HID definitivamente... pero salen caras


----------



## Warp (May 24, 2004)

triphop said:


> veo que tambien tienen plaga de "enduros" por tus tierras... como hacen daño al camino verdad?
> 
> saludos y que vivan los Solo Rides!


Demasiadas en Chiluca!! Enduros y Quads...

En Chiluca nos han cerrado algunos trails por las inches motos.

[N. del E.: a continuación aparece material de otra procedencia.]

-- ===== src/Elf/Parts.antt =====
-- The parts that `Elf_Writer` of src/elfwriter.cpp appends, where all of them fit into the vector.
use Prim.Native.Nat.{max}
use bigassm.Prelude.{
  ℕ, ◌+◌, ◌≤◌, ◌≡◌, refl, ap, sym, List, [], ◌∷◌, ◌++◌, Bytes, codes, length, length-append, Map,
  find, update, emplace, bytes_eq, bytes_lt, le→leb, arith,
}
use bigassm.Types.{ok}
use bigassm.Section.{Section}
use bigassm.Assembler.{Assembler, SymbolLocation}
use bigassm.Elf.Format.{ElfClass, Shdr, Phdr, Sym, zero_shdr, sym_bytes}
use bigassm.Elf.Fields.{append-nil, length-sym_bytes}
use bigassm.Elf.Vector.{Vector}
use bigassm.Elf.Tables.{StringSection, new_string_section, add, append_null, lookup}
use bigassm.Elf.Tables.Strings.{
  extend, extend-extend, Fits, Fits-first, Fits-second, access-runs, access-extend, empty_strings,
  with_names, string_bytes, add_all-runs, new_string_section-runs,
}
use bigassm.Elf.Symbols.{
  Entries, sym_array, null_sym, empty_symbols, grown, new_sym_section-runs, add_symbols-runs,
}
use bigassm.Elf.Writer.{
  set_name, add_section_names, add_strings, add_symtab, program_header, add_programs,
}

-- The section `.shstrtab`, in a file with headers of `head` bytes.
abbrev pub section_names : Bytes
section_names = 0 ∷ codes ".shstrtab" ++ 0 ∷ codes ".symtab" ++ 0 ∷ codes ".strtab" ++ 0 ∷ []

abbrev pub shnames_at : ℕ → StringSection
shnames_at head = record {
  shdr = record zero_shdr {
    sh_name = 1;
    sh_type = 3;
    sh_entsize = 1;
    sh_offset = head + 0;
    sh_size = 27;
    sh_addralign = 1;
  };
  namelist = (codes ".shstrtab", 1) ∷ (codes ".strtab", 19) ∷ (codes ".symtab", 11) ∷ [];
  shindex = 1;
  offset = 27;
}

pub add_section_names-runs :
    (head : ℕ)
    → head + 27 ≤ 262144
    → add_section_names (record { head = head; body = [] })
      ≡ ok (shnames_at head, record { head = head; body = section_names })
unfolding add_section_names new_string_section append_null add update emplace bytes_eq bytes_lt
add_section_names-runs head h =
    rw
      (
        le→leb (head + 0) (max 262144 head) (omega arith),
        le→leb (head + 1) (max 262144 head) (omega arith),
        le→leb (head + 11) (max 262144 head) (omega arith),
        le→leb (head + 11) (max 262144 head) (omega arith),
        le→leb (head + 19) (max 262144 head) (omega arith),
        le→leb (head + 27) (max 262144 head) (omega arith),
      )
      refl

abbrev pub strings_at : Map SymbolLocation → ℕ → StringSection
strings_at symbols offset = with_names symbols (set_name 19 (empty_strings 3 offset))

pub add_strings-runs :
    (symbols : Map SymbolLocation) (head : ℕ) (v : Vector)
    → Fits v (length (0 ∷ string_bytes symbols))
    → add_strings symbols (shnames_at head) v
      ≡ ok (strings_at symbols (v.head + length v.body), extend v (0 ∷ string_bytes symbols))
unfolding add_strings lookup find bytes_eq
add_strings-runs symbols head v fits =
    rw
      (
        new_string_section-runs 3 v (Fits-first v (0 ∷ []) (string_bytes symbols) fits),
        access-extend v (0 ∷ []) (Fits-first v (0 ∷ []) (string_bytes symbols) fits),
        add_all-runs symbols (set_name 19 (empty_strings 3 (v.head + length v.body)))
            (extend v (0 ∷ [])) (Fits-second v (0 ∷ []) (string_bytes symbols) fits),
        extend-extend v (0 ∷ []) (string_bytes symbols),
      )
      refl

module _ (c : ElfClass) where
  abbrev pub symtab_at : ℕ → ℕ → ℕ → Shdr
  symtab_at link count offset = record (grown c count (grown c 1 (empty_symbols c link offset))) {
    sh_name = 11;
    sh_info = count + 1;
  }

  pub add_symtab-runs :
      (a : Assembler) (symbols : Map SymbolLocation) (addrs : List ℕ) (syms : List Sym) (head : ℕ)
      (strings : StringSection) (v : Vector)
      → Entries a strings symbols addrs syms
      → length syms ≡ length symbols
      → Fits v (length (sym_bytes c (null_sym c) ++ sym_array c syms))
      → add_symtab c a symbols (shnames_at head) strings v
        ≡ ok (
          symtab_at strings.shindex (length symbols) (v.head + length v.body),
          extend v (sym_bytes c (null_sym c) ++ sym_array c syms),
        )
  unfolding add_symtab lookup find bytes_eq
  add_symtab-runs a symbols addrs syms head strings v es count fits =
      let first = sym_bytes c (null_sym c) in
      let bytes = sym_array c syms in
      rw
        (
          new_sym_section-runs c strings.shindex v
              (omega (arith, length-sym_bytes c (null_sym c), length-append first bytes)),
          access-extend v first (Fits-first v first bytes fits),
          add_symbols-runs c a strings symbols addrs syms
              (record (grown c 1 (empty_symbols c strings.shindex (v.head + length v.body))) {
                sh_name = 11;
              })
              (extend v first) es (Fits-second v first bytes fits),
          access-extend (extend v first) bytes (Fits-second v first bytes fits),
          extend-extend v first bytes,
          count,
        )
        refl

-- The outputs of the sections, and the program headers for those from the offset on.
abbrev pub outputs : Map Section → Bytes
outputs [] = []
outputs ((name, s) ∷ rest) = s.output ++ outputs rest

abbrev pub programs_at : ℕ → Map Section → List Phdr
programs_at offset [] = []
programs_at offset ((name, s) ∷ rest) =
    program_header s offset ∷ programs_at (offset + length s.output) rest

pub add_programs-runs :
    (sections : Map Section) (v : Vector)
    → Fits v (length (outputs sections))
    → add_programs sections v
      ≡ ok (programs_at (v.head + length v.body) sections, extend v (outputs sections))
unfolding add_programs
add_programs-runs [] v fits =
    ap (λ (t : Bytes). ok ([], record v { body = t })) (sym (append-nil v.body))
add_programs-runs ((name, s) ∷ rest) v fits =
    let behind : v.head + length (v.body ++ s.output) ≡ v.head + length v.body + length s.output =
      omega (arith, length-append v.body s.output) in
    rw
      (
        access-runs v (length (s.output ++ outputs rest)) fits,
        add_programs-runs rest (extend v s.output) (Fits-second v s.output (outputs rest) fits),
        extend-extend v s.output (outputs rest),
        behind,
      )
      refl
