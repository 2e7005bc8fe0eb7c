-- ===== src/Elf/Layout.antt =====
-- The file that `Elf_Writer` of src/elfwriter.cpp makes, all of its parts named.
use bigassm.Prelude.{
  ℕ, ◌+◌, ◌*◌, ◌≤◌, ◌≡◌, refl, ap, List, [], ◌∷◌, ◌++◌, Bytes, length, length-append, Map, arith,
}
use bigassm.Types.{ok}
use bigassm.Section.{Section}
use bigassm.Assembler.{Assembler, SymbolLocation, address_of}
use bigassm.Elf.Format.{ElfClass, Shdr, Sym, zero_shdr, sym_bytes, sizeof_sym, sizeof_phdr}
use bigassm.Elf.Fields.{length-sym_bytes}
use bigassm.Elf.Vector.{pure, and_then}
use bigassm.Elf.Tables.{StringSection}
use bigassm.Elf.Tables.Strings.{empty_strings, string_bytes}
use bigassm.Elf.Tables.Names.{with_names-AllKnown}
use bigassm.Elf.Symbols.{
  Resolved, Entries, Entries-exist, length-Entries, sym_array, length-sym_array, null_sym,
}
use bigassm.Elf.Parts.{
  section_names, shnames_at, add_section_names-runs, strings_at, add_strings-runs, symtab_at,
  add_symtab-runs, outputs, programs_at, add_programs-runs,
}
use bigassm.Elf.Writer.{
  set_name, sizeof_elf_data, file_header, elf_file, add_programs, write_parts, elf_writer,
}

-- The sizes of the names, each with the zero behind it, and of the outputs.
abbrev pub names_size : Map SymbolLocation → ℕ
names_size [] = 0
names_size ((name, loc) ∷ rest) = length name + 1 + names_size rest

abbrev pub output_size : Map Section → ℕ
output_size [] = 0
output_size ((name, s) ∷ rest) = length s.output + output_size rest

pub length-string_bytes :
    (symbols : Map SymbolLocation) → length (string_bytes symbols) ≡ names_size symbols
length-string_bytes [] = refl
length-string_bytes ((name, loc) ∷ rest) = omega (
  arith,
  length-append (name ++ 0 ∷ []) (string_bytes rest),
  length-append name (0 ∷ []),
  length-string_bytes rest,
)

pub length-outputs : (sections : Map Section) → length (outputs sections) ≡ output_size sections
length-outputs [] = refl
length-outputs ((name, s) ∷ rest) =
    omega (arith, length-append s.output (outputs rest), length-outputs rest)

module _ (c : ElfClass) (symbols : Map SymbolLocation) (sections : Map Section) where
  abbrev pub head_size : ℕ
  head_size = sizeof_elf_data c + sizeof_phdr c * length sections

  -- The size of the headers and the tables.
  abbrev pub tables_size : ℕ
  tables_size = head_size + (27 + (1 + names_size symbols) + (1 + length symbols) * sizeof_sym c)

  -- The size of the whole file: headers, three tables and outputs.
  abbrev pub elf_size : ℕ
  elf_size =
      sizeof_elf_data c
      + sizeof_phdr c * length sections
      + (27 + (1 + names_size symbols) + (1 + length symbols) * sizeof_sym c + output_size sections)

  abbrev pub strtab_bytes : Bytes
  strtab_bytes = 0 ∷ string_bytes symbols

  abbrev pub symtab_bytes : List Sym → Bytes
  symtab_bytes syms = sym_bytes c (null_sym c) ++ sym_array c syms

  abbrev pub strtab_offset : ℕ
  strtab_offset = head_size + length section_names

  abbrev pub strings : StringSection
  strings = strings_at symbols strtab_offset

  abbrev pub symtab_offset : ℕ
  symtab_offset = head_size + length (section_names ++ strtab_bytes)

  abbrev pub tables : List Sym → Bytes
  tables syms = (section_names ++ strtab_bytes) ++ symtab_bytes syms

  abbrev pub section_headers : List Shdr
  section_headers =
      zero_shdr
      ∷ (shnames_at head_size).shdr
      ∷ symtab_at c strings.shindex (length symbols) symtab_offset
      ∷ strings.shdr
      ∷ []

  abbrev pub whole : ℕ → List Sym → Bytes
  whole entry syms =
      elf_file c (file_header c entry (length sections)) section_headers
        (programs_at (head_size + length (tables syms)) sections) (tables syms ++ outputs sections)

  pub length-symtab_bytes :
      (syms : List Sym)
      → length syms ≡ length symbols
      → length (symtab_bytes syms) ≡ (1 + length symbols) * sizeof_sym c
  length-symtab_bytes syms e = omega (
    arith,
    length-append (sym_bytes c (null_sym c)) (sym_array c syms),
    length-sym_bytes c (null_sym c),
    length-sym_array c syms,
    ap (λ (n : ℕ). n * sizeof_sym c) e,
  )

  pub length-tables :
      (a : Assembler) (addrs : List ℕ) (syms : List Sym)
      → Entries a strings symbols addrs syms
      → length (tables syms) ≡ 27 + (1 + names_size symbols) + (1 + length symbols) * sizeof_sym c
  length-tables a addrs syms es = omega (
    arith,
    length-append (section_names ++ strtab_bytes) (symtab_bytes syms),
    length-append section_names strtab_bytes,
    length-string_bytes symbols,
    length-symtab_bytes syms (length-Entries a strings symbols addrs syms es),
  )

module _ (c : ElfClass) (a : Assembler) (symbols : Map SymbolLocation) (entry : ℕ) (addrs : List ℕ)
    (found : address_of a.options.entry a ≡ ok (entry, a)) (known : Resolved a symbols addrs) where
  abbrev sections : Map Section
  sections = a.sections

  abbrev head : ℕ
  head = head_size c symbols sections

  -- Where the tables fit into the vector, they are written in front of the outputs, with an entry
  -- for each symbol.
  pub write_parts-tables :
      tables_size c symbols sections ≤ 262144
      → (syms : List Sym) × Entries a (strings c symbols sections) symbols addrs syms
        × (write_parts c a symbols (record { head = head; body = [] })
            ≡ and_then
                (add_programs sections
                  (record { head = head; body = tables c symbols sections syms }))
                (λ phdr. pure (
                  file_header c entry (length sections),
                  section_headers c symbols sections,
                  phdr,
                )))
  unfolding write_parts
  write_parts-tables fits =
      let table = strings c symbols sections in
      let names =
        with_names-AllKnown symbols
          (set_name 19 (empty_strings 3 (strtab_offset c symbols sections))) in
      let (syms, es) = Entries-exist a table symbols addrs known names in
      let count = length-Entries a table symbols addrs syms es in
      let size2 = length-append section_names (strtab_bytes c symbols sections) in
      let of_names = length-string_bytes symbols in
      let of_symtab = length-symtab_bytes c symbols sections syms count in
      let behind_names = section_names ++ strtab_bytes c symbols sections in
      (
        syms,
        es,
        rw
            (
              write_parts,
              found,
              add_section_names-runs head (omega arith),
              add_strings-runs symbols head (record { head = head; body = section_names })
                  (omega arith),
              add_symtab-runs c a symbols addrs syms head table
                  (record { head = head; body = behind_names }) es count (omega arith),
            )
            refl,
      )

module _ (c : ElfClass) (order : Map SymbolLocation → Map SymbolLocation) (a : Assembler) where
  abbrev symbols : Map SymbolLocation
  symbols = order a.lookup

  -- Where the entry and the symbols have addresses and everything fits into the vector, the file is
  -- made, with an entry for each symbol.
  pub elf_writer-writes :
      (entry : ℕ) (addrs : List ℕ)
      → address_of a.options.entry a ≡ ok (entry, a)
      → Resolved a symbols addrs
      → elf_size c symbols a.sections ≤ 262144
      → (syms : List Sym) × Entries a (strings c symbols a.sections) symbols addrs syms
        × (elf_writer c order a ≡ ok (whole c symbols a.sections entry syms))
  unfolding elf_writer
  elf_writer-writes entry addrs found known fits =
      let head = head_size c symbols a.sections in
      let (syms, es, written) =
        write_parts-tables c a symbols entry addrs found known (omega arith) in
      let size = length-tables c symbols a.sections a addrs syms es in
      let of_outputs = length-outputs a.sections in
      (
        syms,
        es,
        rw
            (
              elf_writer,
              written,
              add_programs-runs a.sections
                  (record { head = head; body = tables c symbols a.sections syms }) (omega arith),
            )
            refl,
      )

Que bueno que estas rodando! Y si... rodar solo tiene su encanto...


----------



## crisillo (Jul 3, 2004)

tacubaya said:


> HID definitivamente... pero salen caras


LED, Lupine para ser exacto...pero cuestan como una bici 

ya estoy palanquendo a Chad para que se haga dealer de Lupine


----------



## crisillo (Jul 3, 2004)

triphop said:


> cris: tambien estoy considerando rodadar de noche... con eso de que ya está oscureciendo más temprano y tengo el cerro a mis espaldas como para una vuelta rapida en la tarde, sí me harían bien... alguno me recomienda luces? que es mejor HID, LED, Halogeno? Neon?


Trip,
y estoy usando halógeno ahora, porque son más baratas (Sigma Evo + Evo X)..... pero estoy tentado a comprarme una luz adicional para el casco...

si me "boto", talves le entre a una Lupine...aunque tendría que superar el "sticker shock" con esos precios..


----------